Una de las características más importantes de la sepsis meningocócica es su rapidez de evolución, siendo mayor cuanto menor es la edad del niño, y puede llevar al fallecimiento del paciente en muy pocas horas. El diagnóstico y tratamiento precoces son, por tanto, factores pronósticos esenciales. En los últimos años se han validado diversos índices pronósticos clínicos y analíticos que ayudan a valorar la gravedad de la sepsis meningocócica al ingreso en el hospital, y permiten distinguir los casos más graves e iniciar un tratamiento precoz más agresivo2,3. A pesar de ello, un porcentaje significativo de niños con sepsis meningocócica es inicialmente mal diagnosticado y el tratamiento se instaura excesivamente tarde.
Un estudio reciente realizado en Inglaterra analizó de forma retrospectiva el tiempo de aparición de los síntomas en 448 niños con enfermedad meningocócica4. La mayoría de los niños presentaron signos inespecíficos como fiebre, iriritabilidad, disminución del apetito, somnolencia o vómitos en las primeras 4 a 6 horas de la enfermedad, mientras que los signos clásicos de la enfermedad meningocócica (exantema petequial, alteración de la conciencia o signos meníngeos) aparecieron tardíamente, entre las 12 y 24 horas. Sin embargo, un 72 % de los niños presentó en las primeras 8 horas otros signos como dolor de piernas, manos y pies fríos y color de piel anormal, que pueden sugerir el inicio de una sepsis. Un dato importante a destacar es que sólo el 51 % de los niños fue enviado al hospital tras la primera consulta, siendo la mediana del tiempo entre el inicio de los síntomas y el ingreso hospitalario de 19 horas4. A pesar de que la validez de este estudio es limitada ya que se realizó mediante encuestas retrospectivas a los padres, sus resultados destacan la escasa utilidad de los síntomas clásicos de enfermedad meningocócica para el diagnóstico precoz de la enfermedad y subrayan la importancia de valorar otros signos más precoces de sepsis como la alteración de la coloración de la piel o la frialdad de extremidades. Lamentablemente, estos signos tampoco son específicos y otras enfermedades infecciosas de menor gravedad pueden producirlos, sobre todo en el momento del ascenso febril.

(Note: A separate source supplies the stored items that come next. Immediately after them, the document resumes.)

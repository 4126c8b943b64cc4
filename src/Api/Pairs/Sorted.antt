-- ===== src/Api/Pairs/Sorted.antt =====
-- The list of the groups (cmd/api/main.go, handleGetPairGroups).
use mathlib.Core.Logic.{∥∥₁_elim}
use mathlib.Core.List.{Perm, append_assoc, append-nil, is_set, Permᴰ}
use lumen_liquid_backend.Base.{
  ◌≡◌, refl, sym, ap, subst, ◌∙◌, some, List, [], ◌∷◌, ◌++◌, map, All, arith,
}
use lumen_liquid_backend.Base.Int.{ℤ, ◌<ℤ◌, int_eq, eq_of_parts}
use lumen_liquid_backend.Base.Assoc.{Map, lookup, insert}
use lumen_liquid_backend.Api.{json}
use lumen_liquid_backend.Api.Pairs.{
  PairGroup, group_map, load_pair_groups, insert_sorted, sort_ints, keys, groups_at,
  handle_get_pair_groups,
}

-- By index, with no index twice.
abbrev pub Ascending : List PairGroup → Type 0
Ascending [] = Unit
Ascending (g ∷ []) = Unit
Ascending (g ∷ h ∷ gs) = (g.group_index <ℤ h.group_index) × Ascending (h ∷ gs)

insert_sorted_comm :
    (a b : ℤ) (zs : List ℤ)
    → insert_sorted a (insert_sorted b zs) ≡ insert_sorted b (insert_sorted a zs)
unfolding insert_sorted
insert_sorted_comm a b [] = ground (arith, eq_of_parts a b)
insert_sorted_comm a b (z ∷ zs) = ground (arith, insert_sorted_comm a b zs, eq_of_parts a b)

sort_ints-same : {xs ys : List ℤ} → Permᴰ xs ys → sort_ints xs ≡ sort_ints ys
unfolding sort_ints
sort_ints-same Permᴰ.nil = refl
sort_ints-same (Permᴰ.cons e p) = cc (e, sort_ints-same p)
sort_ints-same (Permᴰ.swap {a} {b} {l} e f) = cc (insert_sorted_comm a b (sort_ints l), e, f)
sort_ints-same (Permᴰ.trans p q) = sort_ints-same p ∙ sort_ints-same q

ℤ_set : IsSet ℤ
ℤ_set = hlevel

-- The order of the keys does not matter to the sort.
sort_ints-Perm : (xs ys : List ℤ) → Perm xs ys → sort_ints xs ≡ sort_ints ys
sort_ints-Perm xs ys p =
    ∥∥₁_elim p (is_set ℤ_set (sort_ints xs) (sort_ints ys)) (λ q. sort_ints-same q)

abbrev indexes : List PairGroup → List ℤ
indexes [] = []
indexes (g ∷ gs) = g.group_index ∷ indexes gs

sort_ints-indexes : (gs : List PairGroup) → Ascending gs → sort_ints (indexes gs) ≡ indexes gs
unfolding sort_ints insert_sorted
sort_ints-indexes [] h = refl
sort_ints-indexes (g ∷ []) h = refl
sort_ints-indexes (g ∷ k ∷ gs) h = rw (sort_ints-indexes (k ∷ gs) h.1) (ground (arith, h.0))

abbrev pub table : List PairGroup → Map ℤ PairGroup
table [] = []
table (g ∷ gs) = (g.group_index, g) ∷ table gs

keys-table : (gs : List PairGroup) → keys (table gs) ≡ indexes gs
keys-table [] = refl
keys-table (g ∷ gs) = ap (λ is. g.group_index ∷ is) (keys-table gs)

-- Below every index of a list of groups.
abbrev Below : ℤ → PairGroup → Type 0
Below i g = i <ℤ g.group_index

All-Below_trans : (i j : ℤ) (gs : List PairGroup) → i <ℤ j → All (Below j) gs → All (Below i) gs
All-Below_trans i j [] h k = tt
All-Below_trans i j (g ∷ gs) h k = (omega (arith, h, k.0), All-Below_trans i j gs h k.1)

Ascending-tail : (g : PairGroup) (gs : List PairGroup) → Ascending (g ∷ gs) → Ascending gs
Ascending-tail g [] h = tt
Ascending-tail g (k ∷ gs) h = h.1

Ascending-Below :
    (g : PairGroup) (gs : List PairGroup) → Ascending (g ∷ gs) → All (Below g.group_index) gs
Ascending-Below g [] h = tt
Ascending-Below g (k ∷ gs) h =
    (h.0, All-Below_trans g.group_index k.group_index gs h.0 (Ascending-Below k gs h.1))

insert-last :
    (g : PairGroup) (gs : List PairGroup)
    → All (λ k. Below k.group_index g) gs
    → insert g.group_index g (table gs) ≡ table (gs ++ g ∷ [])
unfolding insert
insert-last g [] h = refl
insert-last g (k ∷ gs) h = ground (arith, h.0, insert-last g gs h.1)

middle-Below :
    (i : ℤ) (gs : List PairGroup) (g : PairGroup) (later : List PairGroup)
    → All (Below i) (gs ++ g ∷ later)
    → Below i g
middle-Below i [] g later h = h.0
middle-Below i (k ∷ gs) g later h = middle-Below i gs g later h.1

firsts-Below :
    (gs : List PairGroup) (g : PairGroup) (later : List PairGroup)
    → Ascending (gs ++ g ∷ later)
    → All (λ k. Below k.group_index g) gs
firsts-Below [] g later h = tt
firsts-Below (k ∷ gs) g later h = (
  middle-Below k.group_index gs g later (Ascending-Below k (gs ++ g ∷ later) h),
  firsts-Below gs g later (Ascending-tail k (gs ++ g ∷ later) h),
)

pub group_map-table :
    (gs later : List PairGroup)
    → Ascending (gs ++ later)
    → group_map (map some later) (table gs) ≡ some (table (gs ++ later))
unfolding group_map
group_map-table gs [] h = ap (λ ks. some (table ks)) (sym (append-nil gs))
group_map-table gs (g ∷ later) h =
    rw (group_map, insert-last g gs (firsts-Below gs g later h))
      (group_map-table (gs ++ g ∷ []) later
          (subst Ascending (sym (append_assoc gs (g ∷ []) later)) h)
        ∙ ap (λ ks. some (table ks)) (append_assoc gs (g ∷ []) later))

lookup-table :
    (gs : List PairGroup) (g : PairGroup) (later : List PairGroup)
    → All (λ k. Below k.group_index g) gs
    → lookup g.group_index (table (gs ++ g ∷ later)) ≡ some g
unfolding lookup
lookup-table [] g later h = ground arith
lookup-table (k ∷ gs) g later h = ground (arith, h.0, lookup-table gs g later h.1)

groups_at-table :
    (gs later : List PairGroup)
    → Ascending (gs ++ later)
    → groups_at (table (gs ++ later)) (indexes later) ≡ later
unfolding groups_at
groups_at-table gs [] h = refl
groups_at-table gs (g ∷ later) h =
    rw (groups_at, lookup-table gs g later (firsts-Below gs g later h))
      (ap (λ ks. g ∷ ks)
        (subst (λ ks. groups_at (table ks) (indexes later) ≡ later) (append_assoc gs (g ∷ []) later)
          (groups_at-table (gs ++ g ∷ []) later
            (subst Ascending (sym (append_assoc gs (g ∷ []) later)) h))))

-- The groups of the table are listed by index, each once, in whatever order the map of them is
-- visited.
pub handle_get_pair_groups-sorted :
    (visit : List ℤ → List ℤ) (groups : List PairGroup)
    → ((is : List ℤ) → Perm (visit is) is)
    → Ascending groups
    → handle_get_pair_groups visit (some (map some groups)) ≡ json groups
unfolding handle_get_pair_groups load_pair_groups
handle_get_pair_groups-sorted visit groups permutes h =
    rw
      (
        group_map-table [] groups h,
        keys-table groups,
        sort_ints-Perm (visit (indexes groups)) (indexes groups) (permutes (indexes groups)),
        sort_ints-indexes groups h,
      )
      (ap json (groups_at-table [] groups h))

Por otra parte, diversos estudios han demostrado que el tratamiento hospitalario precoz de los pacientes con sepsis, fundamentalmente la expansión con líquidos y la administración de antibióticos, mejora de forma significativa el pronóstico. Por esta razón se han desarrollado campañas internacionales de diagnóstico y tratamiento precoz de la sepsis5.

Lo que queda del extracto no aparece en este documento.